In this scenario, we can observe that this hierarchal strategy of the semi-supervised model followed by supervised model accomplishes a classification precision of approximately 86.2% on the holdout dataset, even better than the semi-supervised learning leveraged alone that accomplished a precision of approximately 85.6%.
Accuracy: 86.200
Further Reading
This portion of the blog provides additional resources on the subject if you are seeking to delve deeper.
Books
Introduction to semi-supervised learning, 2009
Chapter 11: Label Propagation and Quadratic Criterion, Semi-supervised learning, 2006
Papers
Learning from Labelled and Unlabelled data with Label Propagation, 2002.
APIs
sklearn.semi_supervised.LabelPropagation API.
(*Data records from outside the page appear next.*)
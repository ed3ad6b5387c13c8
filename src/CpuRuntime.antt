-- ===== src/CpuRuntime.antt =====
-- `Runtime<kCpu>` of src/native/cpu/runtime_.h, and the facade that a build with this backend alone
-- gives. `std::malloc` hands out addresses upwards, or a null pointer where `refuses` says so. The
-- out parameters are not null, as in every call from the pool and the guard.
use infini_rt.Base.{
  ℕ, suc, ◌<◌, ◌≡◌, refl, Bool, false, not, ◌&&◌, ◌==◌, if◌then◌else◌, ltb, leb, ◌||◌, ◌-◌, ◌%◌,
  List, ◌∷◌, count, remove, count-remove, arith, inl, inr, Bool-cases, ◌+◌,
}
use infini_rt.Device.{Device, DeviceType, cpu, type_eq}
use infini_rt.Facade.{Facade, SelectsDevices, Allocates, Answers}
use infini_rt.Pool.Machine.{State, ok}
use infini_rt.Pool.Entry.{create}
use infini_rt.Pool.Reach.{Machine, Run}
use infini_rt.Pool.Sound.{IsSound}
use infini_rt.Pool.Lifetime.{new_machine, create-Run-IsSound}
pub mod Events
pub mod MemInfo

-- `kErrorInvalidValue` and `kErrorMemoryAllocation`.
abbrev pub invalid_value : ℕ
invalid_value = 1

abbrev pub memory_allocation : ℕ
memory_allocation = 2

-- The selected device type of this thread, the last address of `std::malloc`, and what it gave.
pub record Host : Type 0 where
  pub selected : DeviceType
  pub top : ℕ
  pub held : List ℕ

unfoldable pub set_device : ℕ → Host → ℕ × Host
set_device device w = if not (device == 0) then (invalid_value, w) else (0, w)

abbrev pub get_device : Host → ℕ × ℕ
get_device w = (0, 0)

unfoldable pub malloc : (ℕ → Host → Bool) → ℕ → Host → ℕ × ℕ × Host
malloc refuses size w =
    if refuses size w
    then (if not (size == 0) then memory_allocation else 0, 0, w)
    else (0, suc w.top, record w { top = suc w.top; held = suc w.top ∷ w.held })

-- The pointer keeps the null that it had.
abbrev pub malloc_async : ℕ → ℕ → Host → ℕ × ℕ × Host
malloc_async size stream w = (invalid_value, 0, w)

abbrev pub free : ℕ → Host → ℕ × Host
free p w = (0, record w { held = remove p w.held })

abbrev pub free_async : ℕ → ℕ → Host → ℕ × Host
free_async p stream w = (invalid_value, w)

abbrev pub stream_create : Host → ℕ × ℕ × Host
stream_create w = (0, 0, w)

abbrev pub stream_destroy : ℕ → Host → ℕ × Host
stream_destroy stream w = (0, w)

abbrev pub stream_synchronize : ℕ → Host → ℕ × Host
stream_synchronize stream w = (0, w)

abbrev pub get_device_count : Host → ℕ × ℕ
get_device_count w = (0, 1)

abbrev pub device_synchronize : Host → ℕ × Host
device_synchronize w = (0, w)

abbrev pub malloc_host : (ℕ → Host → Bool) → ℕ → Host → ℕ × ℕ × Host
malloc_host refuses size w = malloc refuses size w

abbrev pub free_host : ℕ → Host → ℕ × Host
free_host p w = free p w

-- The bytes of memory, by their address. A copy or a fill of a null pointer is refused unless it is
-- empty; `std::memcpy` wants ranges that do not overlap.
unfoldable pub memcpy : ℕ → ℕ → ℕ → (ℕ → ℕ) → ℕ × (ℕ → ℕ)
memcpy dst src size bytes =
    if ((dst == 0) || (src == 0)) && not (size == 0)
    then (invalid_value, bytes)
    else (0, λ a. if leb dst a && ltb a (dst + size) then bytes (src + (a - dst)) else bytes a)

unfoldable pub memset : ℕ → ℕ → ℕ → (ℕ → ℕ) → ℕ × (ℕ → ℕ)
memset p value n bytes =
    if (p == 0) && not (n == 0)
    then (invalid_value, bytes)
    else (0, λ a. if leb p a && ltb a (p + n) then value % 256 else bytes a)

abbrev pub memcpy_async : ℕ → ℕ → ℕ → ℕ → (ℕ → ℕ) → ℕ × (ℕ → ℕ)
memcpy_async dst src size stream bytes = (invalid_value, bytes)

abbrev pub memset_async : ℕ → ℕ → ℕ → ℕ → (ℕ → ℕ) → ℕ × (ℕ → ℕ)
memset_async p value n stream bytes = (invalid_value, bytes)

-- The generated dispatch of a build whose one device type is `kCpu`.
abbrev pub cpu_facade : (ℕ → Host → Bool) → Facade Host
cpu_facade refuses = record {
  device_enabled = λ t. type_eq t cpu;
  with_nvidia = false;
  runtime_device_type = λ w. w.selected;
  set_runtime_device_type = λ t w. record w { selected = t };
  get_device = get_device;
  set_device = set_device;
  malloc = malloc refuses;
  malloc_async = malloc_async;
  free = free;
  free_async = free_async;
  stream_create = stream_create;
  stream_destroy = stream_destroy;
  stream_synchronize = stream_synchronize;
  is_capturing = λ stream w. (0, false);
}

-- The CPU backend does what the guard relies on.
pub cpu_facade-SelectsDevices : (refuses : ℕ → Host → Bool) → SelectsDevices (cpu_facade refuses)
unfolding set_device
cpu_facade-SelectsDevices refuses = record {
  type-set_type = λ t w. refl;
  type-set_device = λ i w. ground arith;
  get_device-set_device = λ i w h. ground arith;
}

abbrev allocated : Host → ℕ → Bool
allocated w p = ltb 0 (count p w.held) && ltb p (suc w.top)

malloc-Answers :
    (refuses : ℕ → Host → Bool) (n : ℕ) (w : Host)
    → 0 < n
    → Answers allocated w (malloc refuses n w).0 (malloc refuses n w).1 (malloc refuses n w).2
unfolding malloc
malloc-Answers refuses n w pos = elim (Bool-cases (refuses n w)) [
  | inl refused ↦ rw refused (inr (ground arith, refl, λ q. refl))
  | inr given ↦ rw given (inl (refl, omega arith, ground arith, λ q. ground arith))
]

-- The CPU backend does what the pool relies on.
pub cpu_facade-Allocates : (refuses : ℕ → Host → Bool) → Allocates (cpu_facade refuses)
unfolding set_device
cpu_facade-Allocates refuses = record {
  live = allocated;
  malloc-Answers = λ n w h. malloc-Answers refuses n w h;
  malloc_async-Answers = λ n stream w h. inr (omega arith, refl, λ q. refl);
  live-free = λ p q w. ground (arith, count-remove q p w.held);
  live-free_async = λ p stream q w. refl;
  live-set_type = λ t q w. refl;
  live-set_device = λ i q w. ground arith;
  live-synchronize = λ stream q w. refl;
  live-destroy = λ stream q w. refl;
  live-create = λ q w. refl;
}

-- The CPU backend, where malloc may refuse any request, meets what the pool relies on, so a pool
-- that was constructed on it is sound in every state that any allowed calls reach.
pub cpu_pool-IsSound :
    (refuses : ℕ → Host → Bool) (device : Device) (w w' : Host) (s : State) {n : Machine Host}
    → create (cpu_facade refuses) device w ≡ (ok s, w')
    → Run (cpu_facade refuses) (new_machine s w') n
    → IsSound (cpu_facade refuses) (cpu_facade-Allocates refuses) n
cpu_pool-IsSound refuses device w w' s h r =
    create-Run-IsSound (cpu_facade refuses) (cpu_facade-Allocates refuses) device w w' s h r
Section 1.14. Semi-supervised, Scikit-Learn User Guide
sklearn.model_selection.train_test_split API
sklearn.linear_model.LogisticRegression API
sklearn.datasets.make_classification API
Articles
Semi-supervised learning, Wikipedia
Conclusion
In this guide, you found how to apply the label propagation algorithm to a semi-supervised learning classification dataset.
Particularly, you learned:
- An intuition for how the label propagation semi-supervised learning algorithm operates.
- How to produce a semi-supervised classification dataset and setup a baseline in performance with a supervised learning algorithm
- How to produce and assess a label propagation algorithm and leverage the model output to train a supervised learning algorithm.